▶ _TASK PROMPT_:
Return every line from the records below in which the word "users" is found.

▶ _Saved data entries_:
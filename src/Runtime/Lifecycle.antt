-- ===== src/Runtime/Lifecycle.antt =====
-- src/runtime/runtime.cpp: sgInit, sgShutdown and the calls that only read or set the globals.
use softgpu.Base.{ℕ, ◌+◌, ◌-◌, ◌%◌, ◌^◌, [], false, not, ◌&&◌, ◌==◌, if◌then◌else◌, update}
use softgpu.Integers.{ℤ, pos, negsuc}
use softgpu.Device.Runlist.{is_ok}
use softgpu.Abi.{QueryArgs}
use softgpu.Runtime.{
  SgError, sg_ok, not_initialized, already_initialized, invalid_value, device_error, from_errno,
  ChanBind, Runtime, is_open,
}
use softgpu.Runtime.Api.{Opened, opened, refused, Contexts}

-- SG_ABI_VERSION
abbrev pub abi_version : ℕ
abi_version = 12

-- `g_bind` after the loop and `g_bind[0].users = 1`
abbrev pub first_bind : ℕ → ChanBind
first_bind =
    update (λ c. record { priority = pos 0; users = 0 }) 0 (record { priority = pos 0; users = 1 })

-- The assignments after a successful query. `num_engines - 1` is on 32 bits.
unfoldable pub adopt : {D : Type 0} → Runtime D → ℕ → QueryArgs → Runtime D
adopt rt fd q =
    let num_ce = (q.num_engines + (2 ^ 32 - 1)) % 2 ^ 32 in
    record rt {
      fd = pos fd;
      managed_coherent = not (q.uffd == 0);
      kmod = not (q.kmod == 0);
      num_engines = q.num_engines;
      num_ce = num_ce;
      num_channels = q.num_channels;
      prio_least = q.priority_least;
      prio_greatest = q.priority_greatest;
      timeslice_ns = q.timeslice_ns;
      bind = first_bind;
      default_stream = record (rt.default_stream) {
        has_tail = false;
        extra_waits = [];
        ce = if num_ce == 0 then 0 else 1;
        channel = 0;
      };
    }

module _ {D : Type 0} (contexts : Contexts D) where
  unfoldable pub init_opened : Runtime D → Opened → SgError × Runtime D
  unfolding adopt
  init_opened rt (refused rc) = (from_errno rc, rt)
  init_opened rt (opened fd) =
      let (rc, q, d) = contexts.query fd rt.drv in
      let (_, closed) = contexts.drv_close (pos fd) d in
      if not (is_ok rc)
      then (from_errno rc, record rt { drv = closed })
      else if not (q.abi_version == abi_version)
      then (device_error, record rt { drv = closed })
      else (sg_ok, adopt (record rt { drv = d }) fd q)

  -- sgInit
  unfoldable pub init : Runtime D → SgError × Runtime D
  unfolding init_opened
  init rt =
      let (o, d) = contexts.drv_open rt.drv in
      let done = init_opened (record rt { drv = d }) o in
      if is_open rt then (already_initialized, rt) else done

  -- sgShutdown
  unfoldable pub shutdown : Runtime D → SgError × Runtime D
  shutdown rt =
      let (rc, d) = contexts.drv_close rt.fd rt.drv in
      if not (is_open rt) then (not_initialized, rt) else (
        from_errno rc,
        record rt { fd = negsuc 0; managed_coherent = false; kmod = false; drv = d },
      )

-- sgManagedCoherent
unfoldable pub managed_coherent : {D : Type 0} → Runtime D → ℕ
managed_coherent rt = if is_open rt && rt.managed_coherent then 1 else 0

-- sgUsingKernel
unfoldable pub using_kernel : {D : Type 0} → Runtime D → ℕ
using_kernel rt = if is_open rt && rt.kmod then 1 else 0

-- sgDeviceGetStreamPriorityRange
unfoldable pub priority_range : {D : Type 0} → Runtime D → ℤ × ℤ
priority_range rt =
    (if is_open rt then rt.prio_least else pos 0, if is_open rt then rt.prio_greatest else pos 0)

-- sgTimesliceNs
unfoldable pub timeslice_ns : {D : Type 0} → Runtime D → ℕ
timeslice_ns rt = if is_open rt then rt.timeslice_ns else 0

-- sgNumChannels
unfoldable pub num_channels : {D : Type 0} → Runtime D → ℕ
num_channels rt = if is_open rt then rt.num_channels else 0

-- sgSetSyncPolicy: SG_SYNC_DEFAULT, SG_SYNC_SPIN and SG_SYNC_BLOCK are the flags' values.
unfoldable pub set_sync_policy : {D : Type 0} → Runtime D → ℕ → SgError × Runtime D
set_sync_policy rt policy =
    if policy == 0
    then (sg_ok, record rt { sync_flags = 0 })
    else if policy == 1
    then (sg_ok, record rt { sync_flags = 1 })
    else if policy == 2
    then (sg_ok, record rt { sync_flags = 2 })
    else (invalid_value, rt)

▶ _SOLUTION TO THIS PROBLEM_:
-- `g_bind` after the loop and `g_bind[0].users = 1`
    update (λ c. record { priority = pos 0; users = 0 }) 0 (record { priority = pos 0; users = 1 })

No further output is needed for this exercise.